Joining a shapefile attribute table to a CSV file
Joining attribute tables to other database tables allows you to use a spatial data set to reference a dataset without any geometry, using a common key between the data tables. A very common use case for this is to join a vector dataset of census attributes to a more detailed census attribute dataset. That is the use case we will demonstrate here by linking a US census track file to a detailed Comma Separated Value (CSV) file containing more in-depth information.
Getting ready
For this recipe you will need a census tract shapefile and a CSV file containing the appropriate census data for the shapefile. You can download the sample dataset from the following URL:
https://github.com/GeospatialPython/Learn/raw/master/census.zip
Extract the data to a directory named /qgis_data/census
.
How to do it...
The join operation is quite involved. We'll perform this operation and save the layer as a new shapefile with the joined attributes. Then, we'll load the new layer and compare the field count to the original layer to ensure the join occurred:
- Start QGIS.
- From the Plugins menu, select Python Console.
- First, we'll load the county census track layer and validate it:
vectorLyr= QgsVectorLayer("/qgis_data/census/hancock_tracts.shp", "Hancock" , "ogr") vectorLyr.isValid()
- Now, we'll load the CSV file as a layer and validate it as well:
infoLyr = QgsVectorLayer("/qgis_data/census/ ACS_12_5YR_S1901_with_ann.csv", "Census" , "ogr") infoLyr.isValid()
- Now, we must add both layers to the map registry in order for the two layers to interact for the join.

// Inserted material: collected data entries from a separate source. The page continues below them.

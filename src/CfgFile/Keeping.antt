-- ===== src/CfgFile/Keeping.antt =====
-- What every command keeps, reading a file keeps.
use mathlib.Core.Option.{some-injective}
use edysquelch.Prelude.{
  ℕ, ◌-◌, ◌≡◌, refl, subst, ◌⊎◌, inl, inr, Option, some, List, [], ◌∷◌, Bool-cases, Option-cases,
  All, ℤ, pos, negsuc, Bytes, codes,
}
use edysquelch.CfgFile.{
  c_string, parse_args, cfgline_len, Command, fits_name, find_command, starts_comment, cmdparse,
  fgets_loop, read_lines, first_file, read_cfgfile,
}
use edysquelch.CfgFile.Values.{strlwr}

list_cases {ℓ} :
    {A : Type ℓ} (xs : List A) → (xs ≡ []) ⊎ ((x : A) × (rest : List A) × (xs ≡ x ∷ rest))
list_cases [] = inl refl
list_cases (x ∷ rest) = inr (x, rest, refl)

ℤ-signs : (z : ℤ) → ((n : ℕ) × (z ≡ pos n)) ⊎ ((n : ℕ) × (z ≡ negsuc n))
ℤ-signs (pos n) = inl (n, refl)
ℤ-signs (negsuc n) = inr (n, refl)

abbrev searched : Bytes → List Bytes
searched f =
    f
    ∷ codes "/etc/gnuais.conf"
    ∷ codes "/usr/local/etc/gnuais.conf"
    ∷ codes "/usr/etc/gnuais.conf"
    ∷ []

module _ {S : Type 0} (P : S → Type 0) where
  abbrev pub Keeps : Command S → Type 0
  Keeps c = (st : S) (ws : List Bytes) → P st → P (c.function st ws).0

  find_command-Keeps :
      (cmds : List (Command S)) (word : Bytes) {c : Command S}
      → All Keeps cmds
      → find_command cmds word ≡ some c
      → Keeps c
  unfolding find_command
  find_command-Keeps [] word h e = cc
  find_command-Keeps (d ∷ cmds) word {c} (k, ks) e = elim (Bool-cases (fits_name word d.name)) [
    | inl y ↦ subst Keeps (some-injective d c (rw y at e)) k
    | inr n ↦ find_command-Keeps cmds word ks (rw n at e)
  ]

  cmdparse-Keeps :
      (cmds : List (Command S)) (st : S) (line : Bytes)
      → All Keeps cmds
      → P st
      → P (cmdparse cmds st line).0
  unfolding cmdparse
  cmdparse-Keeps cmds st line h p = elim (list_cases (parse_args line)) [
    | inl e ↦ rw (e, cmdparse) p
    | inr (w, ws, e) ↦ elim (Bool-cases (starts_comment w)) [
      | inl y ↦ rw (e, y, cmdparse) p
      | inr n ↦ elim (Option-cases (find_command cmds (strlwr w))) [
        | inl none_fits ↦ rw (e, n, none_fits, cmdparse) p
        | inr (c, fits) ↦
            let kept = find_command-Keeps cmds (strlwr w) h fits st (strlwr w ∷ ws) p in
            rw (e, n, fits, cmdparse) kept
      ]
    ]
  ]

  read_lines-Keeps :
      (cmds : List (Command S)) (st : S) (ls : List Bytes)
      → All Keeps cmds
      → P st
      → P (read_lines cmds st ls).0
  unfolding read_lines
  read_lines-Keeps cmds st [] h p = p
  read_lines-Keeps cmds st (l ∷ ls) h p =
      let kept = cmdparse-Keeps cmds st (c_string l) h p in
      elim (ℤ-signs (cmdparse cmds st (c_string l)).1) [
        | inl (r, e) ↦
            rw (e, read_lines) (read_lines-Keeps cmds (cmdparse cmds st (c_string l)).0 ls h kept)
        | inr (r, e) ↦ rw (e, read_lines) kept
      ]

  -- Whatever file is found and whatever it says: a property of the state that every command of the
  -- table keeps, for all words, holds behind the reading if it held in front of it.
  pub read_cfgfile-Keeps :
      (fopen : Bytes → Option Bytes) (f : Bytes) (cmds : List (Command S)) (st : S)
      → All Keeps cmds
      → P st
      → P (read_cfgfile fopen f cmds st).0
  unfolding read_cfgfile
  read_cfgfile-Keeps fopen f cmds st h p = elim (Option-cases (first_file fopen (searched f))) [
    | inl e ↦ rw (e, read_cfgfile) p
    | inr (content, e) ↦
        rw (e, read_cfgfile) (read_lines-Keeps cmds st (fgets_loop (cfgline_len - 1) content) h p)
  ]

However, we will set the visibility to
False
so that the layers do not appear on the map:QgsMapLayerRegistry.instance().addMapLayers([vectorLyr,infoLyr], False)
- Next, we must create a special join object:
info = QgsVectorJoinInfo()
- The join object needs the layer ID of the CSV file:
info.joinLayerId = infoLyr.id()
- Next, we specify the key field from the CSV file whose values correspond to the values in the shapefile:
info.joinFieldName = "GEOid2"
- Then, we specify the corresponding field in the shapefile:
info.targetFieldName = "GEOID"
- We then set the
memoryCache
property toTrue
to speed up access to the joined data:info.memoryCache = True
- Now, we add the join to the layer:
vectorLyr.addJoin(info)
- Next, we will write out the joined shapefile to a new file on disk:
QgsVectorFileWriter.writeAsVectorFormat(vectorLyr, "/qgis_data/census/joined.shp", "CP120", None, "ESRI Shapefile")
- Now, we'll load the new shapefile back in as a layer for verification:
joinedLyr= QgsVectorLayer("/qgis_data/census/joined.shp","Joined" , "ogr")
- Next, verify that the field count in the original layer is 12:
vectorLyr.dataProvider().fields().count()
- Finally, verify that the new layer has a field count of 142 from the join:
joinedLyr.dataProvider().fields().count()
How it works...
This recipe reaches out to the very edge of the PyQGIS API, forcing us to use some workarounds. Most recipes for data manipulation can be performed programmatically without writing data to disk or loading layers onto the map. But joins are different. Because the QgsVectorJoinInfo
object needs the layer ID of the CSV layer we must add both layers to the map layer registry. Fortunately, we can do this without making them visible if we are just trying to write a data manipulation script.
There's more...
You can find an alternate method in a Processing Toolbox script which manually matches up the joined data in Python in the QGIS Join attributes table function. This script creates a whole new shapefile with the joined tables.